RECORDS PROVIDED section start
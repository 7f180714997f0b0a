-- ===== src/Headless/Lines.antt =====
-- How `runHeadless` takes the text of a script apart into its lines.
use cs4730_collaborative_tex.Base.{
  ℕ, zero, suc, ◌+◌, ◌/◌, ◌%◌, ◌≡◌, refl, ap, ◌∙◌, inl, inr, Bool, true, false, not, ◌&&◌,
  Bool-cases, List, [], ◌∷◌, ◌++◌, map, All, All-append, arith, ltb, nat_beq,
}
use cs4730_collaborative_tex.Base.Int.{ℤ, pos, negsuc}
use cs4730_collaborative_tex.Text.{Text, codes}
use cs4730_collaborative_tex.Text.Decimal.{print, print_from, print_int}
use cs4730_collaborative_tex.Script.{Command, command_line, script_text}
use cs4730_collaborative_tex.Headless.{get_lines, push_byte}
use cs4730_collaborative_tex.Headless.Parsing.{IsReadable}

abbrev InLine : ℕ → Type 0
InLine c = nat_beq c 0xa ≡ false

get_lines-line :
    (line rest : Text) → All InLine line → get_lines (line ++ 0xa ∷ rest) ≡ line ∷ get_lines rest
unfolding get_lines push_byte
get_lines-line [] rest h = refl
get_lines-line (c ∷ line) rest (h, hs) = ground (arith, h, get_lines-line line rest hs)

print_from-InLine : (f n : ℕ) (out : Text) → All InLine out → All InLine (print_from f n out)
unfolding print_from
print_from-InLine zero n out h = h
print_from-InLine (suc f) n out h =
    let here : InLine (0x30 + n % 10) = ground arith in
    elim (Bool-cases (ltb n 10)) [
      | inl small ↦ rw small (here, h)
      | inr big ↦ rw big (print_from-InLine f (n / 10) ((0x30 + n % 10) ∷ out) (here, h))
    ]

print-InLine : (n : ℕ) → All InLine (print n)
unfolding print
print-InLine n = print_from-InLine (suc n) n [] tt

print_int-InLine : (n : ℤ) → All InLine (print_int n)
unfolding print_int
print_int-InLine (pos n) = print-InLine n
print_int-InLine (negsuc n) = (refl, print-InLine (suc n))

is_line : Text → Bool
is_line [] = true
is_line (c ∷ s) = not (nat_beq c 0xa) && is_line s

is_line-All : (s : Text) → is_line s ≡ true → All InLine s
unfolding is_line
is_line-All [] h = tt
is_line-All (c ∷ s) h = (ground (arith, h), is_line-All s (ground (arith, h)))

command_line-InLine : (c : Command) → IsReadable c → All InLine (command_line c)
unfolding command_line is_line
command_line-InLine (Command.sleep n) h =
    All-append InLine (codes "SLEEP ") (print_int n) (is_line-All (codes "SLEEP ") refl)
      (print_int-InLine n)
command_line-InLine (Command.insert p c) (small, filled) =
    All-append InLine (codes "INSERT ") (print p ++ 0x20 ∷ c ∷ [])
      (is_line-All (codes "INSERT ") refl)
      (All-append InLine (print p) (0x20 ∷ c ∷ []) (print-InLine p)
        (refl, (ground (arith, filled), tt)))
command_line-InLine (Command.delete p) h =
    All-append InLine (codes "DELETE ") (print p) (is_line-All (codes "DELETE ") refl)
      (print-InLine p)
command_line-InLine Command.dump h = is_line-All (codes "DUMP") refl
command_line-InLine Command.quit h = is_line-All (codes "QUIT") refl

-- `getline` takes a script apart into its commands' lines.
pub get_lines-script_text :
    (cs : List Command) → All IsReadable cs → get_lines (script_text cs) ≡ map command_line cs
unfolding script_text
get_lines-script_text [] h = unfold get_lines in refl
get_lines-script_text (c ∷ cs) (h, hs) =
    get_lines-line (command_line c) (script_text cs) (command_line-InLine c h)
    ∙ ap (λ ls. command_line c ∷ ls) (get_lines-script_text cs hs)
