-- ===== src/Rga/Insertion.antt =====
-- What `localInsert` does to the text that the editor shows.
use cs4730_collaborative_tex.Base.{
  ℕ, zero, suc, ◌+◌, ◌≤◌, ◌<◌, ◌≡◌, ◌≢◌, refl, sym, ap, ◌∙◌, inl, inr, false, List, [], ◌∷◌, some,
  arith, length, Any, Bool-cases,
}
use cs4730_collaborative_tex.Base.Int.{ℤ, pos}
use cs4730_collaborative_tex.Document.{insert_at}
use cs4730_collaborative_tex.Rga.{
  CharId, id_beq_iff, id_eq, sentinel, Node, Engine, Operation, insert_op, document, visible_from,
  visible_at, pred_int, local_insert,
}
use cs4730_collaborative_tex.Rga.Sequence.{Any-Absent, Unique, put_behind, insert_node_newest}
use cs4730_collaborative_tex.Rga.Invariant.{Headed, IsValid, local_insert-IsValid}

-- The id of a visible node is in the sequence.
visible_from-Any :
    (k : ℕ) (ns : List Node) (i : CharId)
    → k < length (document ns)
    → visible_from k ns ≡ i
    → Any (λ m. m.id ≡ i) ns
unfolding visible_from document
visible_from-Any k [] i h e = absurd (omega arith)
visible_from-Any zero (m ∷ ns) i h e = elim (Bool-cases (m.tombstoned)) [
  | inl gone ↦ inr (visible_from-Any zero ns i (ground (arith, gone)) (ground (arith, gone)))
  | inr seen ↦ inl (ground (arith, seen))
]
visible_from-Any (suc k) (m ∷ ns) i h e = elim (Bool-cases (m.tombstoned)) [
  | inl gone ↦ inr (visible_from-Any (suc k) ns i (ground (arith, gone)) (ground (arith, gone)))
  | inr seen ↦ inr (visible_from-Any k ns i (ground (arith, seen)) (ground (arith, seen)))
]

-- Behind the last visible node there is none.
visible_from_beyond :
    (k : ℕ) (ns : List Node) → length (document ns) ≤ k → visible_from k ns ≡ sentinel
unfolding visible_from document
visible_from_beyond k [] h = refl
visible_from_beyond zero (m ∷ ns) h = elim (Bool-cases (m.tombstoned)) [
  | inl gone ↦ ground (arith, gone, visible_from_beyond zero ns)
  | inr seen ↦ absurd (ground (arith, seen))
]
visible_from_beyond (suc k) (m ∷ ns) h = elim (Bool-cases (m.tombstoned)) [
  | inl gone ↦ ground (arith, gone, visible_from_beyond (suc k) ns)
  | inr seen ↦ ground (arith, seen, visible_from_beyond k ns)
]

-- A node that is put behind a visible one inserts its character.
put_behind-visible :
    (k : ℕ) (node : Node) (ns : List Node)
    → Unique ns
    → node.tombstoned ≡ false
    → k < length (document ns)
    → visible_from k ns ≡ node.left
    → (r : List Node) × (put_behind node ns ≡ some r)
      × (insert_at (suc k) node.value (document ns) ≡ some (document r))
unfolding put_behind document visible_from insert_at
put_behind-visible k node [] u v h e = absurd (omega arith)
put_behind-visible zero node (m ∷ ns) u v h e = elim (Bool-cases (m.tombstoned)) [
  | inl gone ↦
      let found : visible_from zero ns ≡ node.left = ground (arith, gone) in
      let inside : 0 < length (document ns) = ground (arith, gone) in
      let other : m.id ≢ node.left =
        λ same. Any-Absent m.id ns u.0 (visible_from-Any zero ns m.id inside (found ∙ sym same)) in
      let (r, put, shown) = put_behind-visible zero node ns u.1 v inside found in
      (m ∷ r, ground (arith, id_beq_iff m.id node.left, other, put), ground (arith, gone, shown))
  | inr seen ↦
      (m ∷ node ∷ ns, ground (arith, seen, id_beq_iff m.id node.left), ground (arith, seen, v))
]
put_behind-visible (suc k) node (m ∷ ns) u v h e = elim (Bool-cases (m.tombstoned)) [
  | inl gone ↦
      let found : visible_from (suc k) ns ≡ node.left = ground (arith, gone) in
      let inside : suc k < length (document ns) = ground (arith, gone) in
      let other : m.id ≢ node.left = λ same.
        Any-Absent m.id ns u.0 (visible_from-Any (suc k) ns m.id inside (found ∙ sym same)) in
      let (r, put, shown) = put_behind-visible (suc k) node ns u.1 v inside found in
      (m ∷ r, ground (arith, id_beq_iff m.id node.left, other, put), ground (arith, gone, shown))
  | inr seen ↦
      let found : visible_from k ns ≡ node.left = ground (arith, seen) in
      let inside : k < length (document ns) = ground (arith, seen) in
      let other : m.id ≢ node.left =
        λ same. Any-Absent m.id ns u.0 (visible_from-Any k ns m.id inside (found ∙ sym same)) in
      let (r, put, shown) = put_behind-visible k node ns u.1 v inside found in
      (m ∷ r, ground (arith, id_beq_iff m.id node.left, other, put), ground (arith, seen, shown))
]

-- A node that is put behind the sentinel goes to the front of the text.
put_behind-sentinel :
    (node : Node) (ns : List Node)
    → Headed ns
    → node.tombstoned ≡ false
    → node.left ≡ sentinel
    → (r : List Node) × (put_behind node ns ≡ some r) × (document r ≡ node.value ∷ document ns)
unfolding put_behind document
put_behind-sentinel node [] h v e = absurd h
put_behind-sentinel node (m ∷ ns) (here, gone) v e =
    (m ∷ node ∷ ns, ground (arith, id_beq_iff m.id node.left), ground (arith, gone, v))

-- The id that `localInsert` gives to a character.
abbrev new_id : Engine → CharId
new_id e = record { clock = e.clock + 1; site = e.site }

-- The node of that character.
abbrev typed : Engine → CharId → ℕ → Node
typed e left c = record { id = new_id e; value = c; tombstoned = false; left = left }

local_insert-put_behind :
    (p : ℤ) (c : ℕ) (e : Engine) (r : List Node)
    → IsValid e
    → put_behind (typed e (visible_at (pred_int p) e.seq) c) e.seq ≡ some r
    → local_insert p c e
      ≡ some (
        record e { clock = e.clock + 1; seq = r },
        record { type = insert_op; id = new_id e; left = visible_at (pred_int p) e.seq; value = c },
      )
unfolding local_insert
local_insert-put_behind p c e r v put = rw (
    insert_node_newest e.clock (new_id e) (visible_at (pred_int p) e.seq) c e.seq v.clocks
      (omega arith)
    ∙ put)

-- `localInsert` at a position up to the length of the text throws nothing and inserts the character
-- there, and the engine stays valid.
pub local_insert-insert_at :
    (p c : ℕ) (e : Engine)
    → IsValid e
    → p ≤ length (document e.seq)
    → (e' : Engine) × (op : Operation) × (local_insert (pos p) c e ≡ some (e', op))
      × IsValid e'
      × (insert_at p c (document e.seq) ≡ some (document e'.seq))
unfolding visible_at insert_at
local_insert-insert_at zero c e v h =
    let (r, put, shown) = put_behind-sentinel (typed e sentinel c) e.seq v.headed refl refl in
    let ran = local_insert-put_behind (pos 0) c e r v put in
    (_, _, ran, local_insert-IsValid (pos 0) c e _ _ v ran, ap some (sym shown))
local_insert-insert_at (suc p) c e v h =
    let (r, put, shown) =
      put_behind-visible p (typed e (visible_from p e.seq) c) e.seq v.unique refl (omega arith)
        refl in
    let ran = local_insert-put_behind (pos (suc p)) c e r v put in
    (_, _, ran, local_insert-IsValid (pos (suc p)) c e _ _ v ran, shown)

-- At a position beyond the end of the text `localInsert` throws nothing either: the character
-- becomes the first one.
pub local_insert_beyond :
    (p c : ℕ) (e : Engine)
    → IsValid e
    → length (document e.seq) < p
    → (e' : Engine) × (op : Operation) × (local_insert (pos p) c e ≡ some (e', op))
      × (document e'.seq ≡ c ∷ document e.seq)
unfolding visible_at
local_insert_beyond zero c e v h = absurd (omega arith)
local_insert_beyond (suc p) c e v h =
    let (r, put, shown) =
      put_behind-sentinel (typed e (visible_from p e.seq) c) e.seq v.headed refl
        (visible_from_beyond p e.seq (omega arith)) in
    (_, _, local_insert-put_behind (pos (suc p)) c e r v put, shown)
RECORDS PROVIDED section end
TASK |
Return all lines of the material above in which "true" occurs.

WRITTEN RESPONSE |
  ℕ, zero, suc, ◌+◌, ◌/◌, ◌%◌, ◌≡◌, refl, ap, ◌∙◌, inl, inr, Bool, true, false, not, ◌&&◌,
is_line [] = true
is_line-All : (s : Text) → is_line s ≡ true → All InLine s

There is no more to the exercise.